# Anni Friesinger schwanger! „Wir freuen uns auf unser Baby“



## Mandalorianer (24 Feb. 2011)

*Anni Friesinger schwanger! „Wir freuen uns auf unser Baby“​*

*Das Glück ist perfekt: Anni Friesinger (34) bekommt ein Baby!

Unsere schöne Eisschnelllauf-Königin Anni Friesinger (34) und ihr Mann Ids Postma (37) werden Eltern.​*

Nun wollen wir es offiziell machen und unsere Freude teilen: Ich bin schwanger und diesen Sommer erwarten Ids und ich unser erstes Kind. Wir sind überglücklich und freuen uns auf die bevorstehende wunderbare Zeit und unser Baby“, teilt Anni Friesinger auf ihrer Homepage mit.

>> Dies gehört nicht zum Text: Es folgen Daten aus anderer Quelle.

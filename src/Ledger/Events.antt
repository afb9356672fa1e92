-- ===== src/Ledger/Events.antt =====
-- packages/core/src/belief_ledger_core/events.py and models.py: drafts, correlations and events. A
-- kind and its payload are one constructor, whose fields are what the projections read of it.
use belief_ledger_pramana.Prelude.{ℕ, Bool, Option, List, ℤ}
use belief_ledger_pramana.Models.{
  Belief, ChainAudit, ComponentVerdict, Conflict, DefeatEdge, Episode, EpisodeState, Evidence,
  EvidenceRef, IngestionSupport, Justification, LlmUsage, RenderedBelief, RetractionNotice, Source,
  SourceStats, Stakes, Status, TaskState, Value, VerificationTask,
}
use Prim.Native.String.{String}

-- The deltas of `SOURCE_STATS_DELTA`; a missing one is 0.
pub record StatsDelta : Type 0 where
  pub confirmed : ℤ
  pub defeated : ℤ
  pub samples : ℤ

-- `unprojected` is a kind without a handler.
pub data Payload : Type 0 where
  episode_created : Episode → Payload
  episode_turn_started : ℕ → ℕ → Payload
  episode_stakes_changed : Stakes → Payload
  episode_state_changed : Option EpisodeState → ℕ → Option ℕ → Payload
  source_registered : Source → Payload
  source_stats_updated : SourceStats → List (String × ℕ) → Payload
  source_stats_delta : StatsDelta → Payload
  evidence_ingested : Evidence → Payload
  belief_admitted : Belief → Option ℕ → Payload
  support_added : IngestionSupport → Payload
  support_activity_changed : Bool → Payload
  justification_added : Justification → Payload
  justification_audited : Option ChainAudit → Payload
  defeat_added : DefeatEdge → Payload
  defeat_activity_changed : Bool → Payload
  belief_status_changed : Status → Payload
  belief_admission_changed : Status → Payload
  belief_observation_refreshed : EvidenceRef → ℕ → Payload
  belief_corroboration_changed : ℕ → Payload
  verification_created : VerificationTask → Payload
  verification_completed : Option ℕ → Option TaskState → Payload
  conflict_opened : Conflict → Payload
  conflict_resolved : Payload
  retraction_created : RetractionNotice → Payload
  retraction_acknowledged retraction_expired : Payload
  context_compiled : List RenderedBelief → Payload
  component_verdict_recorded : ComponentVerdict → Payload
  llm_usage_recorded : LlmUsage → Payload
  unpromoted_evidence_added : ℕ → ℕ → Option ℕ → Payload
  unpromoted_evidence_resolved unpromoted_evidence_failed : ℕ → ℕ → Payload
  lint_recorded : ℕ → Bool → Value → Payload
  gate_decided : ℕ → ℕ → ℕ → ℕ → Value → Payload
  assistant_response_recorded : ℕ → ℕ → String → Payload
  unprojected : ℕ → Payload

-- A correlation once the empty values are dropped, its two names that the store reads apart.
pub record Correlation : Type 0 where
  pub idempotency_key : Option ℕ
  pub idempotency_fingerprint : Option ℕ
  pub others : List (ℕ × ℕ)

pub record EventDraft : Type 0 where
  pub aggregate_type : ℕ
  pub aggregate_id : ℕ
  pub payload : Payload
  pub causal_event_id : Option ℕ

-- An event without its authentication tag, that is a row of `events`. Its `schema_version` is
-- always 1.
pub record Event : Type 0 where
  pub seq : ℕ
  pub id : ℕ
  pub episode_id : ℕ
  pub timestamp : ℕ
  pub aggregate_type : ℕ
  pub aggregate_id : ℕ
  pub correlation : Correlation
  pub causal_event_id : Option ℕ
  pub payload : Payload
  pub previous_hash : ℕ
  pub event_hash : ℕ

-- What is outside of the store: the digests (`body_digest previous body` is SHA-256 over `previous` and the canonical JSON of the
-- event without its hash), the authentication tag under the store's key, and the text
-- `"{episode_id}:{idempotency_key}"`, and whether SQLite has `fts5`.
pub record Ports : Type 0 where
  pub body_digest : ℕ → Event → ℕ
  pub auth_tag : ℕ → ℕ → ℕ
  pub zero_hash : ℕ
  pub content_hash : String → ℕ
  pub storage_key : ℕ → ℕ → ℕ
  pub has_fts : Bool

-- The body of an event, whose hash is not part of it.
abbrev pub body : Event → Event
body e = record e { event_hash = 0 }

module _ (ports : Ports) where
  abbrev pub compute_event_hash : ℕ → Event → ℕ
  compute_event_hash previous e = ports.body_digest previous (body e)

  abbrev pub build_event : ℕ → ℕ → ℕ → EventDraft → ℕ → Correlation → ℕ → Event
  build_event seq id timestamp draft previous_hash correlation episode_id =
      let unhashed : Event = record {
        seq = seq;
        id = id;
        episode_id = episode_id;
        timestamp = timestamp;
        aggregate_type = draft.aggregate_type;
        aggregate_id = draft.aggregate_id;
        correlation = correlation;
        causal_event_id = draft.causal_event_id;
        payload = draft.payload;
        previous_hash = previous_hash;
        event_hash = 0;
      } in
      record unhashed { event_hash = compute_event_hash previous_hash unhashed }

Im Juli 2010 hatte Anni nach ihrer mega-erfolgreichen Karriere (5 Medaillen bei Olympischen Spielen, 32 bei Weltmeisterschaften) ihren Rücktritt vom professionellen Sport bekannt gegeben.

„Ich will ganz viele Kinder! Mindestens zwei. Vielleicht nicht heute oder morgen. Aber sicher in naher Zukunft.“

Der Kinderwunsch war auch ein Grund, das Eisschnelllaufen zu beenden. „Ich möchte nämlich irgendwann mal mit meinen Kindern spielen und toben können. Oder mal mit ihnen Inliner fahren.“ Dafür wollte sie ihren Körper nicht weiter im Training quälen.

Jetzt erwartet sie das erste Baby. 
Es ist der schönste Erfolg in ihrem Leben...:thumbup:


*Gruss vom Gollum*


----------



## tommie3 (25 Feb. 2011)

Glückwunsch!


----------